— WHAT YOU SHOULD DO —
From the first record through the last, copy each one exactly.

Segment Start: LISTED RECORDS

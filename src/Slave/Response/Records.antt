-- ===== src/Slave/Response/Records.antt =====
-- What holds of the database's records and of the chain's proofs holds of the whole response.
use xfx1_dns.Prelude.{
  ℕ, ◌≡◌, refl, Bool, true, false, not, ◌&&◌, ◌||◌, List, [], ◌∷◌, ◌++◌, Option, none, some, All,
  All-append, All-filter, length, any, ◌==◌, if◌then◌else◌, All-if,
}
use xfx1_dns.Prelude.Bytes.{bytes_eq}
use xfx1_dns.Rec.Domain.{Domain, Unicode}
use xfx1_dns.Rec.Types.{RRtype}
use xfx1_dns.Rec.Rr.{Rr}
use xfx1_dns.Db.{Db, lookup_by_type}
use xfx1_dns.Dns.Response.{rcode_no_error, rcode_nx_domain}
use xfx1_dns.Slave.Response.{
  Signed, Chain, EncloserProof, distinct_names, proof_records, signatures, proof_signatures,
  append_dnssec, append_negative_authority, nx_proof, nx_chain, answer_type, covers_type,
}
use xfx1_dns.Slave.Response.Known.{Holds, by_type-All}

module _ (P : Rr → Type 0) where
  -- The three records of a proof.
  pub record ProofHolds (p : EncloserProof) : Type 0 where
    pub closest : P p.closest_encloser
    pub next : P p.next_closer
    pub wildcard : P p.wildcard_at_ce

  -- Whatever the chain answers.
  unfoldable pub ChainHolds : Option Chain → Type 0
  ChainHolds none = Unit
  ChainHolds (some chain) =
      (name zone : Domain) (db : Db) (p : EncloserProof)
      → chain.proof_of name zone db ≡ some p
      → ProofHolds p

  All-met :
      (met : Bool) (rr : Rr) (xs ys : List Rr)
      → P rr
      → All P xs
      → All P ys
      → All P (elim met [ true ↦ xs | false ↦ rr ∷ ys ])
  All-met true rr xs ys h hx hy = hx
  All-met false rr xs ys h hx hy = (h, hy)

  distinct_names-All :
      (rrs : List Rr) (seen : List Domain) → All P rrs → All P (distinct_names rrs seen)
  unfolding distinct_names
  distinct_names-All [] seen h = tt
  distinct_names-All (rr ∷ rrs) seen h =
      All-met (any (bytes_eq rr.name) seen) rr (distinct_names rrs seen)
        (distinct_names rrs (rr.name ∷ seen)) h.0 (distinct_names-All rrs seen h.1)
        (distinct_names-All rrs (rr.name ∷ seen) h.1)

  pub proof_records-All : (p : EncloserProof) → ProofHolds p → All P (proof_records p)
  unfolding proof_records
  proof_records-All p h =
      distinct_names-All (p.closest_encloser ∷ p.next_closer ∷ p.wildcard_at_ce ∷ []) []
        (h.closest, (h.next, (h.wildcard, tt)))

  -- Answers and authority.
  abbrev pub SignedHolds : Signed → Type 0
  SignedHolds s = All P s.answers × All P s.authority

  SignedHolds-if :
      (b : Bool) (x y : Signed) → SignedHolds x → SignedHolds y → SignedHolds (if b then x else y)
  SignedHolds-if true x y hx hy = hx
  SignedHolds-if false x y hx hy = hy

module _ ⦃u : Unicode⦄ (P : Rr → Type 0)
    (rename : (rr : Rr) (n : Domain) → P rr → P (record rr { name = n })) (db : Db)
    (h : Holds P rename db) where
  signatures-All : (owner : Domain) (covered : ℕ) → All P (signatures db owner covered)
  unfolding signatures
  signatures-All owner covered =
      All-filter P (covers_type covered) _ (by_type-All P rename db h owner RRtype.rrsig)

  proof_signatures-All : (rrs : List Rr) → All P (proof_signatures db rrs)
  unfolding proof_signatures
  proof_signatures-All [] = tt
  proof_signatures-All (rr ∷ rrs) =
      All-append P (signatures db rr.name 50) (proof_signatures db rrs) (signatures-All rr.name 50)
        (proof_signatures-All rrs)

  nx_proof-Holds :
      (proof : Option EncloserProof) (answers authority : List Rr)
      → ((p : EncloserProof) → proof ≡ some p → ProofHolds P p)
      → All P answers
      → All P authority
      → SignedHolds P (nx_proof db proof answers authority)
  nx_proof-Holds none answers authority k ha hu = (ha, hu)
  nx_proof-Holds (some p) answers authority k ha hu = (
    ha,
    All-append P (authority ++ proof_records p) (proof_signatures db (proof_records p))
        (All-append P authority (proof_records p) hu (proof_records-All P p (k p refl)))
        (proof_signatures-All (proof_records p)),
  )

  nx_chain-Holds :
      (chain : Option Chain) (name : Domain) (answers authority : List Rr)
      → ChainHolds P chain
      → All P answers
      → All P authority
      → SignedHolds P (nx_chain db chain name answers authority)
  unfolding ChainHolds
  nx_chain-Holds none name answers authority k ha hu = (ha, hu)
  nx_chain-Holds (some chain) name answers authority k ha hu =
      nx_proof-Holds (chain.proof_of name db.zone db) answers authority (k name db.zone db) ha hu

  pub append_dnssec-Holds :
      (chain : Option Chain) (name owner : Domain) (qtype rcode : ℕ) (answers authority : List Rr)
      (do_bit : Bool)
      → ChainHolds P chain
      → All P answers
      → All P authority
      → SignedHolds P (append_dnssec db chain name owner qtype rcode answers authority do_bit)
  unfolding append_dnssec
  append_dnssec-Holds chain name owner qtype rcode answers authority do_bit k ha hu =
      let unchanged : Signed = record {
        answers = answers;
        authority = authority;
        failed = false;
      } in
      let signed : Signed = record {
        answers = answers ++ signatures db owner (answer_type qtype answers);
        authority = authority;
        failed = false;
      } in
      let denied = nx_chain db chain name answers authority in
      let positive = if length answers == 0 then unchanged else signed in
      let negative = if rcode == rcode_nx_domain then denied else unchanged in
      SignedHolds-if P (not do_bit || not db.dnssec_enabled) unchanged
        (if rcode == rcode_no_error then positive else negative) (ha, hu)
        (SignedHolds-if P (rcode == rcode_no_error) positive negative
          (SignedHolds-if P (length answers == 0) unchanged signed (ha, hu)
            (All-append P answers _ ha (signatures-All owner (answer_type qtype answers)), hu))
          (SignedHolds-if P (rcode == rcode_nx_domain) denied unchanged
            (nx_chain-Holds chain name answers authority k ha hu) (ha, hu)))

  pub append_negative_authority-All :
      (rcode : ℕ) (answers authority : List Rr) (do_bit : Bool)
      → All P authority
      → All P (append_negative_authority db rcode answers authority do_bit)
  unfolding append_negative_authority
  append_negative_authority-All rcode answers authority do_bit hu =
      let soa = lookup_by_type db db.zone RRtype.soa in
      let with_soa = All-append P authority soa hu (by_type-All P rename db h db.zone RRtype.soa) in
      All-if P _ authority _ hu (
        All-if P (do_bit && db.dnssec_enabled) _ (authority ++ soa)
          (All-append P (authority ++ soa) (signatures db db.zone 6) with_soa
            (signatures-All db.zone 6))
          with_soa)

Segment End: LISTED RECORDS

— YOUR RESPONSE —
filename src/Slave/Response/Records.antt
-- ===== src/Slave/Response/Records.antt =====
-- What holds of the database's records and of the chain's proofs holds of the whole response.
use xfx1_dns.Prelude.{
  ℕ, ◌≡◌, refl, Bool, true, false, not, ◌&&◌, ◌||◌, List, [], ◌∷◌, ◌++◌, Option, none, some, All,
  All-append, All-filter, length, any, ◌==◌, if◌then◌else◌, All-if,
}
use xfx1_dns.Prelude.Bytes.{bytes_eq}
use xfx1_dns.Rec.Domain.{Domain, Unicode}
use xfx1_dns.Rec.Types.{RRtype}
use xfx1_dns.Rec.Rr.{Rr}
use xfx1_dns.Db.{Db, lookup_by_type}
use xfx1_dns.Dns.Response.{rcode_no_error, rcode_nx_domain}
use xfx1_dns.Slave.Response.{
  Signed, Chain, EncloserProof, distinct_names, proof_records, signatures, proof_signatures,
  append_dnssec, append_negative_authority, nx_proof, nx_chain, answer_type, covers_type,
}
use xfx1_dns.Slave.Response.Known.{Holds, by_type-All}

module _ (P : Rr → Type 0) where
  -- The three records of a proof.
  pub record ProofHolds (p : EncloserProof) : Type 0 where
    pub closest : P p.closest_encloser
    pub next : P p.next_closer
    pub wildcard : P p.wildcard_at_ce

  -- Whatever the chain answers.
  unfoldable pub ChainHolds : Option Chain → Type 0
  ChainHolds none = Unit
  ChainHolds (some chain) =
      (name zone : Domain) (db : Db) (p : EncloserProof)
      → chain.proof_of name zone db ≡ some p
      → ProofHolds p

  All-met :
      (met : Bool) (rr : Rr) (xs ys : List Rr)
      → P rr
      → All P xs
      → All P ys
      → All P (elim met [ true ↦ xs | false ↦ rr ∷ ys ])
  All-met true rr xs ys h hx hy = hx
  All-met false rr xs ys h hx hy = (h, hy)

  distinct_names-All :
      (rrs : List Rr) (seen : List Domain) → All P rrs → All P (distinct_names rrs seen)
  unfolding distinct_names
  distinct_names-All [] seen h = tt
  distinct_names-All (rr ∷ rrs) seen h =
      All-met (any (bytes_eq rr.name) seen) rr (distinct_names rrs seen)
        (distinct_names rrs (rr.name ∷ seen)) h.0 (distinct_names-All rrs seen h.1)
        (distinct_names-All rrs (rr.name ∷ seen) h.1)

  pub proof_records-All : (p : EncloserProof) → ProofHolds p → All P (proof_records p)
  unfolding proof_records
  proof_records-All p h =
      distinct_names-All (p.closest_encloser ∷ p.next_closer ∷ p.wildcard_at_ce ∷ []) []
        (h.closest, (h.next, (h.wildcard, tt)))

  -- Answers and authority.
  abbrev pub SignedHolds : Signed → Type 0
  SignedHolds s = All P s.answers × All P s.authority

  SignedHolds-if :
      (b : Bool) (x y : Signed) → SignedHolds x → SignedHolds y → SignedHolds (if b then x else y)
  SignedHolds-if true x y hx hy = hx
  SignedHolds-if false x y hx hy = hy

module _ ⦃u : Unicode⦄ (P : Rr → Type 0)
    (rename : (rr : Rr) (n : Domain) → P rr → P (record rr { name = n })) (db : Db)
    (h : Holds P rename db) where
  signatures-All : (owner : Domain) (covered : ℕ) → All P (signatures db owner covered)
  unfolding signatures
  signatures-All owner covered =
      All-filter P (covers_type covered) _ (by_type-All P rename db h owner RRtype.rrsig)

  proof_signatures-All : (rrs : List Rr) → All P (proof_signatures db rrs)
  unfolding proof_signatures
  proof_signatures-All [] = tt
  proof_signatures-All (rr ∷ rrs) =
      All-append P (signatures db rr.name 50) (proof_signatures db rrs) (signatures-All rr.name 50)
        (proof_signatures-All rrs)

  nx_proof-Holds :
      (proof : Option EncloserProof) (answers authority : List Rr)
      → ((p : EncloserProof) → proof ≡ some p → ProofHolds P p)
      → All P answers
      → All P authority
      → SignedHolds P (nx_proof db proof answers authority)
  nx_proof-Holds none answers authority k ha hu = (ha, hu)
  nx_proof-Holds (some p) answers authority k ha hu = (
    ha,
    All-append P (authority ++ proof_records p) (proof_signatures db (proof_records p))
        (All-append P authority (proof_records p) hu (proof_records-All P p (k p refl)))
        (proof_signatures-All (proof_records p)),
  )

  nx_chain-Holds :
      (chain : Option Chain) (name : Domain) (answers authority : List Rr)
      → ChainHolds P chain
      → All P answers
      → All P authority
      → SignedHolds P (nx_chain db chain name answers authority)
  unfolding ChainHolds
  nx_chain-Holds none name answers authority k ha hu = (ha, hu)
  nx_chain-Holds (some chain) name answers authority k ha hu =
      nx_proof-Holds (chain.proof_of name db.zone db) answers authority (k name db.zone db) ha hu

  pub append_dnssec-Holds :
      (chain : Option Chain) (name owner : Domain) (qtype rcode : ℕ) (answers authority : List Rr)
      (do_bit : Bool)
      → ChainHolds P chain
      → All P answers
      → All P authority
      → SignedHolds P (append_dnssec db chain name owner qtype rcode answers authority do_bit)
  unfolding append_dnssec
  append_dnssec-Holds chain name owner qtype rcode answers authority do_bit k ha hu =
      let unchanged : Signed = record {
        answers = answers;
        authority = authority;
        failed = false;
      } in
      let signed : Signed = record {
        answers = answers ++ signatures db owner (answer_type qtype answers);
        authority = authority;
        failed = false;
      } in
      let denied = nx_chain db chain name answers authority in
      let positive = if length answers == 0 then unchanged else signed in
      let negative = if rcode == rcode_nx_domain then denied else unchanged in
      SignedHolds-if P (not do_bit || not db.dnssec_enabled) unchanged
        (if rcode == rcode_no_error then positive else negative) (ha, hu)
        (SignedHolds-if P (rcode == rcode_no_error) positive negative
          (SignedHolds-if P (length answers == 0) unchanged signed (ha, hu)
            (All-append P answers _ ha (signatures-All owner (answer_type qtype answers)), hu))
          (SignedHolds-if P (rcode == rcode_nx_domain) denied unchanged
            (nx_chain-Holds chain name answers authority k ha hu) (ha, hu)))

  pub append_negative_authority-All :
      (rcode : ℕ) (answers authority : List Rr) (do_bit : Bool)
      → All P authority
      → All P (append_negative_authority db rcode answers authority do_bit)
  unfolding append_negative_authority
  append_negative_authority-All rcode answers authority do_bit hu =
      let soa = lookup_by_type db db.zone RRtype.soa in
      let with_soa = All-append P authority soa hu (by_type-All P rename db h db.zone RRtype.soa) in
      All-if P _ authority _ hu (
        All-if P (do_bit && db.dnssec_enabled) _ (authority ++ soa)
          (All-append P (authority ++ soa) (signatures db db.zone 6) with_soa
            (signatures-All db.zone 6))
          with_soa)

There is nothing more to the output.